6. Salt Sensitivity and Volume Dysregulation
- ~50% of hypertensives are salt-sensitive (BP rises with Na⁺ load)
- More prevalent in Black populations, elderly, CKD, and diabetics
- Mechanisms: blunted renal dopamine response, RAAS over-activation, aldosterone excess, reduced renal medullary prostaglandins
7. Neuroinflammation and Immune Activation
- T lymphocytes (particularly Th17 cells) infiltrate the kidney and vasculature in hypertension
- Ang II drives T-cell activation → release of IL-17, TNF-α
- These cytokines promote renal Na⁺ retention and vascular inflammation
- An emerging mechanism explaining why anti-inflammatory pathways can lower BP experimentally
8. Obesity and Metabolic Factors
- Adipose tissue is a source of angiotensinogen (direct RAAS input)
- Leptin hypersecretion activates the SNS (renal and adrenal)
- Insulin resistance → hyperinsulinemia → Na⁺ retention, SNS activation
- Obstructive sleep apnea causes intermittent hypoxia → chemoreceptor activation → chronic SNS elevation
Integrated Model
Genetic predisposition + Environmental factors (Na⁺, obesity, stress)
↓
↑ RAAS + ↑ SNS + Renal Na⁺ retention
↓
↑ CO and/or ↑ PVR → Elevated BP
↓
Vascular remodeling + Endothelial dysfunction
↓
BP elevation becomes structural and self-sustaining
(Management of Elevated Blood Pressure and Hypertension, p. 17; Harrison's, p. 7634)

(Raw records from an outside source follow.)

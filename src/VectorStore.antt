-- ===== src/VectorStore.antt =====
-- pkg/vectorstore: documents with embeddings, the queries over them (document.go, query.go,
-- results.go, options.go, iterator.go), and the store that keeps them in memory (memory/memory.go).
-- This module has the data of document.go. A pointer that may be nil is an Option, a `time.Time` is
-- the nanoseconds since Go's zero time, and a `time.Duration` is an integer of nanoseconds.
pub mod Documents
pub mod Validate
pub mod Filters
pub mod Matching
pub mod Config
pub mod Indexes
pub mod Slices
pub mod Queries
pub mod Scoring
pub mod ContentHash
pub mod Collection
pub mod Store
pub mod Iterators
mod Tests
use aixgo.Common.{ℕ, Bool, List, Option, String}
use aixgo.Common.Int.{ℤ}
use aixgo.Common.Maps.{Map}

-- Go's float32 (`F`) and float64 (`D`), with the operations that the code uses.
pub record Floats : Type 1 where
  pub F : Type 0
  pub zero_f : F
  pub one_f : F
  pub half : F
  pub three_halves : F
  -- 0.99, and the constant of `isInf32`
  pub near_one : F
  pub max_float : F
  pub add : F → F → F
  pub sub : F → F → F
  pub mul : F → F → F
  pub div : F → F → F
  pub neg : F → F
  -- `float32(math.Sqrt(float64(x)))`
  pub root : F → F
  -- `float32(n)` and `int32(x)`
  pub of_int : ℤ → F
  pub to_int32 : F → ℤ
  -- `x < y` and `x == y`
  pub less : F → F → Bool
  pub same : F → F → Bool
  pub D : Type 0
  pub double : F → D
  pub double_of_int : ℤ → D
  pub less_d : D → D → Bool
  pub same_d : D → D → Bool

pub data ContentType : Type 0 where
  text_type : ContentType
  image_type : ContentType
  audio_type : ContentType
  video_type : ContentType
  multimodal_type : ContentType
  -- The type is a string, which a caller may set to anything.
  other_type : String → ContentType

-- `data_bytes` are the bytes of `Data`.
pub record Content : Type 0 where
  pub content_type : ContentType
  pub text : String
  pub data_bytes : List ℕ
  pub mime_type : String
  pub url : String
  pub chunks : List String

pub record Scope : Type 0 where
  pub tenant : String
  pub user : String
  pub session : String
  pub agent : String
  pub thread : String
  pub custom : Map String

pub record Temporal : Type 0 where
  pub created_at : ℕ
  pub updated_at : ℕ
  pub expires_at : Option ℕ
  pub event_time : Option ℕ
  pub valid_from : Option ℕ
  pub valid_until : Option ℕ

module _ (f : Floats) where
  open f use {F, D}

  pub record Embedding : Type 0 where
    pub vector : List F
    pub model : String
    pub dimensions : ℤ
    pub normalized : Bool

  -- A metadata value of one of the types that `==` compares and `toFloat64` reads, or nil.
  pub data Value : Type 0 where
    nil_value : Value
    bool_value : Bool → Value
    string_value : String → Value
    float64_value : D → Value
    float32_value : F → Value
    int_value : ℤ → Value
    int32_value : ℤ → Value
    int64_value : ℤ → Value
    uint_value : ℕ → Value
    uint32_value : ℕ → Value
    uint64_value : ℕ → Value

  pub record Document : Type 0 where
    pub id : String
    pub content : Option Content
    pub embedding : Option Embedding
    pub scope : Option Scope
    pub temporal : Option Temporal
    pub tags : List String
    pub metadata : Map Value
    pub score : F
    pub distance : F

  -- `%d` and `%f` of `fmt`, and the hexadecimal SHA-256 sum of a text's bytes.
  pub record Formats : Type 0 where
    pub decimal : ℕ → String
    pub fixed : F → String
    pub hex_sha256 : String → String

Secondary Hypertension — Distinct Pathogenic Pathways
| Cause | Mechanism |
|---|
| Primary hyperaldosteronism | Autonomous aldosterone → Na⁺/water retention |
| Renal artery stenosis | ↓ Renal perfusion → ↑ renin → RAAS activation |
| Pheochromocytoma | Catecholamine excess → ↑ CO and ↑ PVR |
| Cushing's syndrome | Glucocorticoid-mediated Na⁺ retention, ↑ vascular reactivity |
| CKD | ↓ Nephron mass, volume overload, RAAS activation |
| Hypothyroidism | ↓ CO but ↑ PVR (diastolic HTN) |
Understanding these overlapping mechanisms is the basis for rational antihypertensive therapy — diuretics (volume), ACEi/ARBs (RAAS), beta-blockers (SNS/CO), CCBs (PVR), and aldosterone antagonists each target distinct nodes in the pathogenic cascade.